Ceren Hanım hepsini girdi ve küçük bir kart verdi. Sonra hemen Berfin Hanımın odasına gittik. Bay Melih yine kapıyı tıklattı.

"Gelebilir miyiz" diye sordu. İçeriden "Gelebilirsiniz" diye ses geldi.

Bu ses de Berfin Hanımın olduğunu düşünüyorum. Sonra içeri girdik. İçeride bana bir bileklik verildi.

"Şimdilik ışınlamayı bilmiyorsun. Bu yüzden sana bir bileklik verdik. Ne zaman müsait olursan, dinlenmiş, enerjik olursan bilekliğin üstündeki düğmeye bas ve bilekliğin üzerimde çıkan ses tanımasına Ecenur'de sen bunu diyince biz gelip seni alacağız." dedi, Bay Melih.

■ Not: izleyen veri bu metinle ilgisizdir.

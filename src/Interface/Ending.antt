-- ===== src/Interface/Ending.antt =====
-- lib/interface.c: the reading of a member ends, and moves the scanner on.
use libvarlink.Prelude.{
  ℕ, ◌≤◌, ◌<◌, ◌≡◌, List, [], ◌∷◌, Bool, true, false, ◌&&◌, ◌||◌, length, arith, Bool-cases, inl,
  inr,
}
use libvarlink.KeyOrder.{string_order}
use libvarlink.Scanner.{
  Scanner, ScannerError, text, scanner_advance, scanner_word_len, word_at, starts_with,
  scanner_expect_operator, member_name_invalid, operator_expected, type_expected,
}
use libvarlink.Scanner.Names.{
  member_name_valid, interface_name_valid, scanner_expect_interface_name,
  scanner_expect_member_name, name_at,
}
use libvarlink.Types.{done, failed, overread, out_of_fuel, Run, run, varlink_type_new_from_scanner}
use libvarlink.Types.Print.{is_object}
use libvarlink.Types.Remaining.{remaining, advance_by-remaining, advance-remaining}
use libvarlink.Types.Ending.{Ends, Ends-bind, AtMost, Below, docstring-Ends, alpha-word_at}
use libvarlink.Types.Total.{type-Ends}
use libvarlink.Interface.Reading.{
  reported, as_invalid, is_enum, require_object, expect_name, read_alias_member, read_method_member,
  read_error_member, expect_keyword,
}

pub reported-Ends {ℓ} :
    {A : Type ℓ} (P : ℕ → Type 0) (n : ScannerError) (r : Run A) → Ends P r → Ends P (reported n r)
reported-Ends P n (s, done a) h = h
reported-Ends P n (s, failed e) h = tt
reported-Ends P n (s, overread) h = tt
reported-Ends P n (s, out_of_fuel) h = absurd h

as_invalid-Ends {ℓ} :
    {A : Type ℓ} (P : ℕ → Type 0) (n : ScannerError) (r : Run A)
    → Ends P r
    → Ends P (as_invalid n r)
as_invalid-Ends P n (s, done a) h = h
as_invalid-Ends P n (s, failed e) h = tt
as_invalid-Ends P n (s, overread) h = tt
as_invalid-Ends P n (s, out_of_fuel) h = absurd h

require_object-Ends : (b : Bool) (s : Scanner) → Ends (AtMost (remaining s)) (require_object b s)
require_object-Ends true s = omega arith
require_object-Ends false s = tt

operator_run-Ends :
    (s : Scanner) (op : List ℕ) → Ends (AtMost (remaining s)) (run (scanner_expect_operator s op))
unfolding scanner_expect_operator
operator_run-Ends s op =
    let t = scanner_advance s in
    elim (Bool-cases (starts_with (text t) op)) [
      | inr e ↦ rw e tt
      | inl e ↦ rw e (omega (arith, advance_by-remaining t (length op), advance-remaining s))
    ]

capital-word_at :
    (xs : List ℕ) (n : ℕ) → member_name_valid xs n ≡ true → (1 ≤ word_at xs) × (1 ≤ length xs)
unfolding member_name_valid
capital-word_at xs n h = alpha-word_at xs (ground arith)

name-Ends : (s : Scanner) → Ends (Below (remaining s)) (expect_name s)
unfolding expect_name scanner_expect_member_name scanner_word_len
name-Ends s =
    let t = scanner_advance s in
    let n = word_at (text t) in
    elim (Bool-cases (member_name_valid (text t) n)) [
      | inr e ↦ rw e tt
      | inl e ↦
          let (a, b) = capital-word_at (text t) n e in
          rw e (omega (arith, a, b, advance_by-remaining t n, advance-remaining s))
    ]

pub interface_name-Ends :
    (s : Scanner) → Ends (AtMost (remaining s)) (run (scanner_expect_interface_name s))
unfolding scanner_expect_interface_name scanner_word_len
interface_name-Ends s =
    let t = scanner_advance s in
    let n = word_at (text t) in
    elim (Bool-cases (interface_name_valid (name_at t n))) [
      | inr e ↦ rw e tt
      | inl e ↦ rw e (omega (arith, advance_by-remaining t n, advance-remaining s))
    ]

pub expect_keyword-Ends :
    (n : ℕ) (x : Scanner × Bool) → remaining x.0 ≤ n → Ends (AtMost n) (expect_keyword x)
expect_keyword-Ends n (s, true) h = h
expect_keyword-Ends n (s, false) h = tt

read_type-Ends :
    (n : ScannerError) (fuel : ℕ) (s : Scanner)
    → remaining s < fuel
    → Ends (AtMost (remaining s)) (reported n (varlink_type_new_from_scanner fuel s))
read_type-Ends n fuel s h =
    reported-Ends (AtMost (remaining s)) n (varlink_type_new_from_scanner fuel s)
      (type-Ends fuel s h)

pub alias_member-Ends :
    (C : Type 0) (fuel : ℕ) (s : Scanner)
    → remaining s < fuel
    → Ends (Below (remaining s)) (read_alias_member {C = C} fuel s)
unfolding read_alias_member
alias_member-Ends C fuel s h =
    Ends-bind (AtMost (remaining s)) (Below (remaining s)) _ _ (docstring-Ends s) (λ x a.
      Ends-bind (Below (remaining x.0)) (Below (remaining s)) _ _ (name-Ends x.0) (λ y b.
        Ends-bind (AtMost (remaining y.0)) (Below (remaining s)) _ _
          (read_type-Ends member_name_invalid fuel y.0 (omega (arith, h, a, b)))
          (λ z c.
            Ends-bind (AtMost (remaining z.0)) (Below (remaining s)) _ _
              (require_object-Ends (is_object z.1 || is_enum z.1) z.0)
              (λ w d. omega (arith, a, b, c, d)))))

pub error_member-Ends :
    (C : Type 0) (fuel : ℕ) (s : Scanner)
    → remaining s < fuel
    → Ends (Below (remaining s)) (read_error_member {C = C} fuel s)
unfolding read_error_member
error_member-Ends C fuel s h =
    Ends-bind (AtMost (remaining s)) (Below (remaining s)) _ _ (docstring-Ends s) (λ x a.
      Ends-bind (Below (remaining x.0)) (Below (remaining s)) _ _ (name-Ends x.0) (λ y b.
        Ends-bind (AtMost (remaining y.0)) (Below (remaining s)) _ _
          (read_type-Ends member_name_invalid fuel y.0 (omega (arith, h, a, b)))
          (λ z c.
            Ends-bind (AtMost (remaining z.0)) (Below (remaining s)) _ _
              (require_object-Ends (is_object z.1) z.0) (λ w d. omega (arith, a, b, c, d)))))

pub method_member-Ends :
    (C : Type 0) (fuel : ℕ) (s : Scanner)
    → remaining s < fuel
    → Ends (Below (remaining s)) (read_method_member {C = C} fuel s)
unfolding read_method_member
method_member-Ends C fuel s h =
    Ends-bind (AtMost (remaining s)) (Below (remaining s)) _ _ (docstring-Ends s) (λ x a.
      Ends-bind (Below (remaining x.0)) (Below (remaining s)) _ _ (name-Ends x.0) (λ y b.
        Ends-bind (AtMost (remaining y.0)) (Below (remaining s)) _ _
          (read_type-Ends member_name_invalid fuel y.0 (omega (arith, h, a, b)))
          (λ z c.
            Ends-bind (AtMost (remaining z.0)) (Below (remaining s)) _ _
              (as_invalid-Ends (AtMost (remaining z.0)) operator_expected
                (run (scanner_expect_operator z.0 (b'-' ∷ b'>' ∷ [])))
                (operator_run-Ends z.0 (b'-' ∷ b'>' ∷ [])))
              (λ v d.
                Ends-bind (AtMost (remaining v.0)) (Below (remaining s)) _ _
                  (as_invalid-Ends (AtMost (remaining v.0)) type_expected
                    (varlink_type_new_from_scanner fuel v.0)
                    (type-Ends fuel v.0 (omega (arith, h, a, b, c, d))))
                  (λ u e.
                    Ends-bind (AtMost (remaining u.0)) (Below (remaining s)) _ _
                      (require_object-Ends (is_object z.1 && is_object u.1) u.0)
                      (λ w f. omega (arith, a, b, c, d, e, f)))))))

Bende tamam der gibi başımı salladım. Sonra rüyamda gördüğüm yere yani meydana geri döndük bunu nasıl yaptı anlamadım.

Sonra Bilge Orhan "Sen uyu kendini iyi hissettiğinde bizi çağıracaksın zaten. Bir de üşümemeye çalış. Sıcak yerde kal." dedi.

Ben yine tamam der gibi başımı salladım. Sonra rüya görmeden bir iki saat uyuyabildim. Sabah alarmımla uyandım. Çok yorgundum. Kahvaltıyla beraber gücümü toplayacağımı düşündüm. Sonra saate baktım. Saat sekizdi. Tam saatinde uyanmıştım ama çok yorgundum. Uyumak istiyordum. Ben yine de kalktım. Lavaboya gidiyordum. Lavaboya giderken her adımımda sendeliyordum. Başım dönüyordu. Kendimi bayılacak gibi hissettim. Biraz daha yatmaya karar verdim. Kendimi daha iyi hissedince uyanırım. Kapısına kadar geldiğim odanın yattığım yere kadar geri dönmem gerekiyordu. Yatağa varana kadar sendeledim. Kendimi yatağa attım ve direkmen uykuya daldım.